**Problem to work on:**
Set down all of the lines below exactly as they are given.

Dataset entries:
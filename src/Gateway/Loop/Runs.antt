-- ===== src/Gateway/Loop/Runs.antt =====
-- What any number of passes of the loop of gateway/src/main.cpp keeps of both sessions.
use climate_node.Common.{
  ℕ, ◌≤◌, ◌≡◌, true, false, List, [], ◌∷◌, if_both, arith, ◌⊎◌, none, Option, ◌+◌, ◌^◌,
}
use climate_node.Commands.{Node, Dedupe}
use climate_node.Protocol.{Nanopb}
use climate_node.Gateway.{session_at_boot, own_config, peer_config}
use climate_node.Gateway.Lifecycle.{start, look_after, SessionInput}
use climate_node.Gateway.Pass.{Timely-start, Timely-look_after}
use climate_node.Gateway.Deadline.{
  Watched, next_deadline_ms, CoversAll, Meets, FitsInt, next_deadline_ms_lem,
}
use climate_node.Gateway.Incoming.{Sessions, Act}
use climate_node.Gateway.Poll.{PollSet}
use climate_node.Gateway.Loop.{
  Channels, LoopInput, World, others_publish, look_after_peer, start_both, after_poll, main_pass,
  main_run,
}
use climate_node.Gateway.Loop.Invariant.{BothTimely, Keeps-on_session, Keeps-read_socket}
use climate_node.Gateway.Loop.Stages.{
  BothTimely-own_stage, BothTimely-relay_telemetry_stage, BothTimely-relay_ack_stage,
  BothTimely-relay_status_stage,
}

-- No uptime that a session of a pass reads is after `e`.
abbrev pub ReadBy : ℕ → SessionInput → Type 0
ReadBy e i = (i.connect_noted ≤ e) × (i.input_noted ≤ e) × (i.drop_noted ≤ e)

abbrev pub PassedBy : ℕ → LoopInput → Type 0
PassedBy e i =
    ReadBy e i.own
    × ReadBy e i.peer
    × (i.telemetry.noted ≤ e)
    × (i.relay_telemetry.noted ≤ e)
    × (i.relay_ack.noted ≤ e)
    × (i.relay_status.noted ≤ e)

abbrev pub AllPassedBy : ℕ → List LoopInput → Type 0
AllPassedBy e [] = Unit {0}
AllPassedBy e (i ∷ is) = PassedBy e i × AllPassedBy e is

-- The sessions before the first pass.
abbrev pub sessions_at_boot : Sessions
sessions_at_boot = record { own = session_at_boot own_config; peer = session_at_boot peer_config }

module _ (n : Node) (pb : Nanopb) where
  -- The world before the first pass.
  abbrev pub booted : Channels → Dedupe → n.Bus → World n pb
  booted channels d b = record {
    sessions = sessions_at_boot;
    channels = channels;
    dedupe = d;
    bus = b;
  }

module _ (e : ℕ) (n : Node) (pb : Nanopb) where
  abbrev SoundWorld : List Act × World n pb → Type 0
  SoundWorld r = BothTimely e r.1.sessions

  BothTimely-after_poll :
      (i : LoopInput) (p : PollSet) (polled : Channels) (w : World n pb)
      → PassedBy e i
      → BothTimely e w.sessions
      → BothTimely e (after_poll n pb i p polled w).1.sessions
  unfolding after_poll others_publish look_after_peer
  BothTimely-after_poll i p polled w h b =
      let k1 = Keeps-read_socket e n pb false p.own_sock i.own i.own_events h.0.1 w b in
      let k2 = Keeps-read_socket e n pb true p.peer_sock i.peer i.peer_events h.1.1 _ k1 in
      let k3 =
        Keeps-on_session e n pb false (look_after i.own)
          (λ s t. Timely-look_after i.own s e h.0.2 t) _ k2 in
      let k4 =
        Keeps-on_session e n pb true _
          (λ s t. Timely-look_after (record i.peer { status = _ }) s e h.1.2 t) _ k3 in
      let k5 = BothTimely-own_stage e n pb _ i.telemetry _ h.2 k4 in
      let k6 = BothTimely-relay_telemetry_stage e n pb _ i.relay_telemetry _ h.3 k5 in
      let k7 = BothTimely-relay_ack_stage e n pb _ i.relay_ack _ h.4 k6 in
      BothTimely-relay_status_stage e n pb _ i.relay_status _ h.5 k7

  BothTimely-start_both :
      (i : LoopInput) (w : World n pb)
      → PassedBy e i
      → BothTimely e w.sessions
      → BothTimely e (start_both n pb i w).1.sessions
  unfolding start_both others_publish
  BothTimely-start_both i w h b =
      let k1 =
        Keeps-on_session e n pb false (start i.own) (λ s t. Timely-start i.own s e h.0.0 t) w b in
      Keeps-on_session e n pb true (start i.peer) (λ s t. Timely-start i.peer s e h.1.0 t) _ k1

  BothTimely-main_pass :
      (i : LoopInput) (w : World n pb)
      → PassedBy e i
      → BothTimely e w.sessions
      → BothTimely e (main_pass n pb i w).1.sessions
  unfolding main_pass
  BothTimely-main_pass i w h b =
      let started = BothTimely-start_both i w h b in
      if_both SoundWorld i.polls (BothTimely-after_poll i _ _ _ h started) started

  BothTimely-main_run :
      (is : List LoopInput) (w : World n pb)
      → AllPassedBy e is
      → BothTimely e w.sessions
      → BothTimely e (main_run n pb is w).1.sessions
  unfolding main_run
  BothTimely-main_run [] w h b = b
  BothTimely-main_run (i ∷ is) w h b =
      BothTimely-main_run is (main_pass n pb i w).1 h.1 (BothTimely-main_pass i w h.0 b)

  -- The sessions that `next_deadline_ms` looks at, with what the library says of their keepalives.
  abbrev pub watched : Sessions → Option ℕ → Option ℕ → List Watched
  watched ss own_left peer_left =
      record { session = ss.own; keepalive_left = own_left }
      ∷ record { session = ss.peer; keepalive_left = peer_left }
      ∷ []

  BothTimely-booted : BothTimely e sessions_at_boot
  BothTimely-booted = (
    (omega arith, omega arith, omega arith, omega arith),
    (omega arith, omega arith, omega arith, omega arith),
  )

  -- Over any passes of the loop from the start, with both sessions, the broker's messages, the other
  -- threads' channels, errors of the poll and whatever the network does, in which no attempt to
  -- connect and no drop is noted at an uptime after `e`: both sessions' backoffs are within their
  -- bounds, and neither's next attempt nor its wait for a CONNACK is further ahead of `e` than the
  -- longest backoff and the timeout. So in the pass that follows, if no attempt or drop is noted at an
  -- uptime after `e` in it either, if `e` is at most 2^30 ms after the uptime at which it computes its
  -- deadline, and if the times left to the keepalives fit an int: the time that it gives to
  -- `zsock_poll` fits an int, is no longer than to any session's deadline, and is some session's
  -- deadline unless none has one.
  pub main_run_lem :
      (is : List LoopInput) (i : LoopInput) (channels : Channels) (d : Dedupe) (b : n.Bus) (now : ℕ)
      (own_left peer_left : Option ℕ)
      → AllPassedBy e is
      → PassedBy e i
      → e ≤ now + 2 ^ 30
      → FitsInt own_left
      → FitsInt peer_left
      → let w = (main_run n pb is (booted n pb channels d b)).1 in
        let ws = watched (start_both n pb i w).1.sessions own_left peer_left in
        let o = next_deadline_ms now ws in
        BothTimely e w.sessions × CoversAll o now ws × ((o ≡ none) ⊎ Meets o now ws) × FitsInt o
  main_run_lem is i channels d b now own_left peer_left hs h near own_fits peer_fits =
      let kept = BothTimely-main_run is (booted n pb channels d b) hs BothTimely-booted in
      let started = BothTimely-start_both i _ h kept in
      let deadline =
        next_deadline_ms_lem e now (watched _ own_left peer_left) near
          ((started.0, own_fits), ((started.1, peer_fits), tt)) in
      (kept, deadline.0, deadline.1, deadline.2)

**Response:**
filename src/Gateway/Loop/Runs.antt
-- ===== src/Gateway/Loop/Runs.antt =====
-- What any number of passes of the loop of gateway/src/main.cpp keeps of both sessions.
use climate_node.Common.{
  ℕ, ◌≤◌, ◌≡◌, true, false, List, [], ◌∷◌, if_both, arith, ◌⊎◌, none, Option, ◌+◌, ◌^◌,
}
use climate_node.Commands.{Node, Dedupe}
use climate_node.Protocol.{Nanopb}
use climate_node.Gateway.{session_at_boot, own_config, peer_config}
use climate_node.Gateway.Lifecycle.{start, look_after, SessionInput}
use climate_node.Gateway.Pass.{Timely-start, Timely-look_after}
use climate_node.Gateway.Deadline.{
  Watched, next_deadline_ms, CoversAll, Meets, FitsInt, next_deadline_ms_lem,
}
use climate_node.Gateway.Incoming.{Sessions, Act}
use climate_node.Gateway.Poll.{PollSet}
use climate_node.Gateway.Loop.{
  Channels, LoopInput, World, others_publish, look_after_peer, start_both, after_poll, main_pass,
  main_run,
}
use climate_node.Gateway.Loop.Invariant.{BothTimely, Keeps-on_session, Keeps-read_socket}
use climate_node.Gateway.Loop.Stages.{
  BothTimely-own_stage, BothTimely-relay_telemetry_stage, BothTimely-relay_ack_stage,
  BothTimely-relay_status_stage,
}

-- No uptime that a session of a pass reads is after `e`.
abbrev pub ReadBy : ℕ → SessionInput → Type 0
ReadBy e i = (i.connect_noted ≤ e) × (i.input_noted ≤ e) × (i.drop_noted ≤ e)

abbrev pub PassedBy : ℕ → LoopInput → Type 0
PassedBy e i =
    ReadBy e i.own
    × ReadBy e i.peer
    × (i.telemetry.noted ≤ e)
    × (i.relay_telemetry.noted ≤ e)
    × (i.relay_ack.noted ≤ e)
    × (i.relay_status.noted ≤ e)

abbrev pub AllPassedBy : ℕ → List LoopInput → Type 0
AllPassedBy e [] = Unit {0}
AllPassedBy e (i ∷ is) = PassedBy e i × AllPassedBy e is

-- The sessions before the first pass.
abbrev pub sessions_at_boot : Sessions
sessions_at_boot = record { own = session_at_boot own_config; peer = session_at_boot peer_config }

module _ (n : Node) (pb : Nanopb) where
  -- The world before the first pass.
  abbrev pub booted : Channels → Dedupe → n.Bus → World n pb
  booted channels d b = record {
    sessions = sessions_at_boot;
    channels = channels;
    dedupe = d;
    bus = b;
  }

module _ (e : ℕ) (n : Node) (pb : Nanopb) where
  abbrev SoundWorld : List Act × World n pb → Type 0
  SoundWorld r = BothTimely e r.1.sessions

  BothTimely-after_poll :
      (i : LoopInput) (p : PollSet) (polled : Channels) (w : World n pb)
      → PassedBy e i
      → BothTimely e w.sessions
      → BothTimely e (after_poll n pb i p polled w).1.sessions
  unfolding after_poll others_publish look_after_peer
  BothTimely-after_poll i p polled w h b =
      let k1 = Keeps-read_socket e n pb false p.own_sock i.own i.own_events h.0.1 w b in
      let k2 = Keeps-read_socket e n pb true p.peer_sock i.peer i.peer_events h.1.1 _ k1 in
      let k3 =
        Keeps-on_session e n pb false (look_after i.own)
          (λ s t. Timely-look_after i.own s e h.0.2 t) _ k2 in
      let k4 =
        Keeps-on_session e n pb true _
          (λ s t. Timely-look_after (record i.peer { status = _ }) s e h.1.2 t) _ k3 in
      let k5 = BothTimely-own_stage e n pb _ i.telemetry _ h.2 k4 in
      let k6 = BothTimely-relay_telemetry_stage e n pb _ i.relay_telemetry _ h.3 k5 in
      let k7 = BothTimely-relay_ack_stage e n pb _ i.relay_ack _ h.4 k6 in
      BothTimely-relay_status_stage e n pb _ i.relay_status _ h.5 k7

  BothTimely-start_both :
      (i : LoopInput) (w : World n pb)
      → PassedBy e i
      → BothTimely e w.sessions
      → BothTimely e (start_both n pb i w).1.sessions
  unfolding start_both others_publish
  BothTimely-start_both i w h b =
      let k1 =
        Keeps-on_session e n pb false (start i.own) (λ s t. Timely-start i.own s e h.0.0 t) w b in
      Keeps-on_session e n pb true (start i.peer) (λ s t. Timely-start i.peer s e h.1.0 t) _ k1

  BothTimely-main_pass :
      (i : LoopInput) (w : World n pb)
      → PassedBy e i
      → BothTimely e w.sessions
      → BothTimely e (main_pass n pb i w).1.sessions
  unfolding main_pass
  BothTimely-main_pass i w h b =
      let started = BothTimely-start_both i w h b in
      if_both SoundWorld i.polls (BothTimely-after_poll i _ _ _ h started) started

  BothTimely-main_run :
      (is : List LoopInput) (w : World n pb)
      → AllPassedBy e is
      → BothTimely e w.sessions
      → BothTimely e (main_run n pb is w).1.sessions
  unfolding main_run
  BothTimely-main_run [] w h b = b
  BothTimely-main_run (i ∷ is) w h b =
      BothTimely-main_run is (main_pass n pb i w).1 h.1 (BothTimely-main_pass i w h.0 b)

  -- The sessions that `next_deadline_ms` looks at, with what the library says of their keepalives.
  abbrev pub watched : Sessions → Option ℕ → Option ℕ → List Watched
  watched ss own_left peer_left =
      record { session = ss.own; keepalive_left = own_left }
      ∷ record { session = ss.peer; keepalive_left = peer_left }
      ∷ []

  BothTimely-booted : BothTimely e sessions_at_boot
  BothTimely-booted = (
    (omega arith, omega arith, omega arith, omega arith),
    (omega arith, omega arith, omega arith, omega arith),
  )

  -- Over any passes of the loop from the start, with both sessions, the broker's messages, the other
  -- threads' channels, errors of the poll and whatever the network does, in which no attempt to
  -- connect and no drop is noted at an uptime after `e`: both sessions' backoffs are within their
  -- bounds, and neither's next attempt nor its wait for a CONNACK is further ahead of `e` than the
  -- longest backoff and the timeout. So in the pass that follows, if no attempt or drop is noted at an
  -- uptime after `e` in it either, if `e` is at most 2^30 ms after the uptime at which it computes its
  -- deadline, and if the times left to the keepalives fit an int: the time that it gives to
  -- `zsock_poll` fits an int, is no longer than to any session's deadline, and is some session's
  -- deadline unless none has one.
  pub main_run_lem :
      (is : List LoopInput) (i : LoopInput) (channels : Channels) (d : Dedupe) (b : n.Bus) (now : ℕ)
      (own_left peer_left : Option ℕ)
      → AllPassedBy e is
      → PassedBy e i
      → e ≤ now + 2 ^ 30
      → FitsInt own_left
      → FitsInt peer_left
      → let w = (main_run n pb is (booted n pb channels d b)).1 in
        let ws = watched (start_both n pb i w).1.sessions own_left peer_left in
        let o = next_deadline_ms now ws in
        BothTimely e w.sessions × CoversAll o now ws × ((o ≡ none) ⊎ Meets o now ws) × FitsInt o
  main_run_lem is i channels d b now own_left peer_left hs h near own_fits peer_fits =
      let kept = BothTimely-main_run is (booted n pb channels d b) hs BothTimely-booted in
      let started = BothTimely-start_both i _ h kept in
      let deadline =
        next_deadline_ms_lem e now (watched _ own_left peer_left) near
          ((started.0, own_fits), ((started.1, peer_fits), tt)) in
      (kept, deadline.0, deadline.1, deadline.2)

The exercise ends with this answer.